Hello friends,
August rushed off. What does this mean? The month was a bit of a blur. It was filled with busy stuff at work, back-to-school, smoothies, sweaty walks around Central Park where I was offered a carriage ride almost every day, a tow truck ride with a really nice guy who can back up that tow truck like it’s nobody’s business and funerals.
It’s just about that time where I start itching for autumn. I am done with the sweating and summer clothes. Tired of the AC dry eyes (but thank God for the AC). It’s just time. I will admit I didn’t spend as much time on a project I am working on as I should have, but I still made some headway. Did some pilates challenges. I look the same.

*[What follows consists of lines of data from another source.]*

-- ===== src/Provisioning/Effect.antt =====
-- What the handlers of server/app/routers/provisioning.py do to the devices and to the revocations:
-- nothing, or the one commit of an enrollment.
use secure_io_t_device_platf.Base.{
  ℕ, String, ◌≡◌, refl, arith, Option, true, false, some, inl, inr, Option-cases, Bool-cases, not,
  ◌||◌, ◌==◌, ◌⊎◌, leb,
}
use secure_io_t_device_platf.Env.{Context, Try, ok, security_error, crash, Try-cases, Csr}
use secure_io_t_device_platf.Models.{
  Server, Device, BootstrapSession, find_session, find_device, save_session,
}
use secure_io_t_device_platf.Pki.{IssuedCertificate, issue_device_certificate}
use secure_io_t_device_platf.Pki.Serial.{format_hex}
use secure_io_t_device_platf.Registry.{rebuild_crl_from_db}
use secure_io_t_device_platf.Registry.Frame.{devices-rebuild, revoked-rebuild}
use secure_io_t_device_platf.Mqtt.Publish.{evict_device}
use secure_io_t_device_platf.Provisioning.Challenge.{
  is_authorized, is_locked, create_challenge, open_session,
}
use secure_io_t_device_platf.Provisioning.Finish.{
  EnrollmentRequest, Enrollment, finish_enrollment, after_replacement, enrollment_of,
  commit_enrollment,
}
use secure_io_t_device_platf.Provisioning.Enroll.{
  enroll_device, enroll_known, enroll_open, enroll_attempt, enroll_proved, enroll_issue,
  count_attempt, check_proof, issuance,
}

-- The devices and the revoked certificates are the same.
pub record SameRegistry (s t : Server) : Type 0 where
  pub devices : t.devices ≡ s.devices
  pub revoked_certificates : t.revoked_certificates ≡ s.revoked_certificates

-- The commit of an enrollment of the device `d`, under the serial number that was drawn.
pub record Enrolled (c : Context) (serial : ℕ) (d : Device) (s t : Server) : Type 0 where
  pub session : BootstrapSession
  pub digest : String
  pub certificate : IssuedCertificate
  pub before : Server
  pub base : SameRegistry s before
  pub drawn : certificate.serial_hex ≡ format_hex serial
  pub committed : SameRegistry (commit_enrollment c d session digest certificate before) t

pub SameRegistry-refl : (s : Server) → SameRegistry s s
SameRegistry-refl s = record { devices = refl; revoked_certificates = refl }

module _ (c : Context) (serial : ℕ) (d : Device) where
  abbrev pub Effect : Server → Server → Type 0
  Effect s t = SameRegistry s t ⊎ Enrolled c serial d s t

  issuance-serial :
      (csr : Csr) (cert : IssuedCertificate) (ca_pem : String)
      → issuance c csr d serial ≡ ok (cert, ca_pem)
      → cert.serial_hex ≡ format_hex serial
  unfolding issuance issue_device_certificate
  issuance-serial csr cert ca_pem h = ground arith

  after_replacement-SameRegistry :
      (e : Enrollment) (r : Try (Unit {0}) × Server)
      → SameRegistry r.1 (after_replacement c d e r).1
  unfolding after_replacement evict_device
  after_replacement-SameRegistry e (ok u, s) = ground arith
  after_replacement-SameRegistry e (security_error x, s) = ground arith
  after_replacement-SameRegistry e (crash, s) = ground arith

  finish-registry :
      (b : BootstrapSession) (digest : String) (cert : IssuedCertificate) (ca_pem : String)
      (s : Server)
      → SameRegistry s (finish_enrollment c d b digest cert ca_pem s).1
        ⊎ SameRegistry
            (commit_enrollment c d b digest cert s)
            (finish_enrollment c d b digest cert ca_pem s).1
  unfolding finish_enrollment
  finish-registry b digest cert ca_pem s =
      let t = commit_enrollment c d b digest cert s in
      ground (
        arith,
        devices-rebuild c t,
        revoked-rebuild c t,
        after_replacement-SameRegistry (enrollment_of c.settings d.device_id cert ca_pem)
            (rebuild_crl_from_db c t),
      )

  issue-Effect :
      (b : BootstrapSession) (csr : Csr) (digest : String) (s0 s : Server)
      → SameRegistry s0 s
      → Effect s0 (enroll_issue c serial d b csr digest s).1
  unfolding enroll_issue save_session
  issue-Effect b csr digest s0 s base = elim (Try-cases (issuance c csr d serial)) [
    | inl ((cert, ca_pem), k) ↦
        rw (k, enroll_issue)
          (elim (finish-registry b digest cert ca_pem s) [
            | inl same ↦ inl (ground arith)
            | inr done ↦ inr (record {
              session = b;
              digest = digest;
              certificate = cert;
              before = s;
              base = base;
              drawn = issuance-serial csr cert ca_pem k;
              committed = done;
            })
          ])
    | inr (inl (x, k)) ↦ rw (k, enroll_issue) (inl (ground arith))
    | inr (inr k) ↦ rw (k, enroll_issue) (inl base)
  ]

  proved-Effect :
      (b : BootstrapSession) (csr : Csr) (digest : String) (s0 s : Server)
      → SameRegistry s0 s
      → Effect s0 (enroll_proved c serial d b csr digest s).1
  unfolding enroll_proved save_session
  proved-Effect b csr digest s0 s base = elim (Bool-cases (is_locked c.settings d)) [
    | inl k ↦ rw k (inl (ground arith))
    | inr k ↦ rw k (issue-Effect b csr digest s0 s base)
  ]

  attempt-Effect :
      (payload : EnrollmentRequest) (b : BootstrapSession) (s0 s : Server)
      → SameRegistry s0 s
      → Effect s0 (enroll_attempt c serial payload d b s).1
  unfolding enroll_attempt save_session
  attempt-Effect payload b s0 s base = elim (Try-cases (check_proof c payload d b)) [
    | inl ((csr, digest, true), k) ↦ rw (k, enroll_attempt) (proved-Effect b csr digest s0 s base)
    | inl ((csr, digest, false), k) ↦ rw (k, enroll_attempt) (inl (ground arith))
    | inr (inl (x, k)) ↦ rw (k, enroll_attempt) (inl (ground arith))
    | inr (inr k) ↦ rw (k, enroll_attempt) (inl base)
  ]

  open-Effect :
      (payload : EnrollmentRequest) (b : BootstrapSession) (s : Server)
      → Effect s (enroll_open c serial payload d b s).1
  unfolding enroll_open save_session
  open-Effect payload b s = elim (Bool-cases (leb b.expires_at c.now)) [
    | inl k ↦ rw k (inl (ground arith))
    | inr k ↦ elim (Bool-cases (leb 5 b.attempts)) [
      | inl k' ↦ rw (k, k') (inl (ground arith))
      | inr k' ↦ rw (k, k') (attempt-Effect payload (count_attempt b c.now) s _ (ground arith))
    ]
  ]

  pub known-Effect :
      (payload : EnrollmentRequest) (b : BootstrapSession) (s : Server)
      → Effect s (enroll_known c serial payload d b s).1
  unfolding enroll_known
  known-Effect payload b s =
      elim (Bool-cases (not (b.device_id == payload.device_id) || not (is_authorized d))) [
        | inl k ↦ rw k (inl (SameRegistry-refl s))
        | inr k ↦ elim (Option-cases b.consumed_at) [
          | inl k' ↦ rw (k, k', enroll_known) (open-Effect payload b s)
          | inr (t, k') ↦ rw (k, k', enroll_known) (inl (SameRegistry-refl s))
        ]
      ]

-- An enrollment, whatever it answers, leaves the devices and the revocations as they were, or it
-- commits the certificate of the device that was found.
pub enroll-Effect :
    (c : Context) (serial : ℕ) (payload : EnrollmentRequest) (s : Server)
    → SameRegistry s (enroll_device c serial payload s).1
      ⊎ ((d : Device) × (find_device s payload.device_id ≡ some d)
          × Enrolled c serial d s (enroll_device c serial payload s).1)
unfolding enroll_device
enroll-Effect c serial payload s = elim (Option-cases (find_session s payload.session_id)) [
  | inl k ↦ rw (k, enroll_device) (inl (SameRegistry-refl s))
  | inr (b, k) ↦ elim (Option-cases (find_device s payload.device_id)) [
    | inl k' ↦ rw (k, k', enroll_device) (inl (SameRegistry-refl s))
    | inr (d, k') ↦
        rw (k, k', enroll_device)
          (elim (known-Effect c serial d payload b s) [
            | inl same ↦ inl same
            | inr done ↦ inr (d, refl, done)
          ])
  ]
]

-- A challenge touches neither.
pub challenge-SameRegistry :
    (c : Context) (device_id session_id nonce : String) (ip : Option String) (s : Server)
    → SameRegistry s (create_challenge c device_id session_id nonce ip s).1
unfolding create_challenge open_session save_session
challenge-SameRegistry c device_id session_id nonce ip s = ground arith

Entered my essential oils era, and felt like a little witch or scientist pouring and combining them into a glass bottle through a funnel. I read a lot on the train. Tried at least three new recipes, but cooked very little. I am very into the marinara sauce a local Italian place makes, but they had none on Friday.
It’s that time of the year where I just want to wear leopard print and cozy sweaters (this is a mood I enter into, even though I own very little leopard print). Here we are, wishing away summer.
I sort of wished we had gone to a county fair this summer, but it feels odd to go to a fair when there is a lot of grief and other stuff going on. Just not right. The timing was just off. Maybe next year. I went to a Kohls (after years of not going) and got the cutest purse.
It was a stressful month. You know those types of months– the ones that get you dizzy and almost give you a panic attack-type month. But we made it through. We always do. Learned a lot about “resetting” oneself.
I don’t know why, but a story that came back to me this month was an experience I had in law school– bear with me.
I was a nervous one toward the end of law school. I was hustling like you wouldn’t believe. I needed to make sure I had a job lined up before graduation. I needed to have a way to pay bills and live, you know. There was only Plan A. Your girl was going hard. I was applying to like 15 jobs a day.
I had done a lot of immigration clinical work, and there was this very sophisticated woman who had a nonprofit down south. At that point, I wanted to come back home, so I applied, and she invited me to have a coffee with her. I don’t remember how I was connected with this woman, but I do remember one of the girls in my employment law class was engaged to her son. They were a well-to-do family, and I had heard rumors of how hard she was working to be accepted by this family and her future mother-in-law.
I remember we met in a small cafe close to Columbia on the Upper West Side. She walked in perfumed. Heels on. Scarf around her neck and her blonde hair flowing. There are people you just see the money on them. She was glistening.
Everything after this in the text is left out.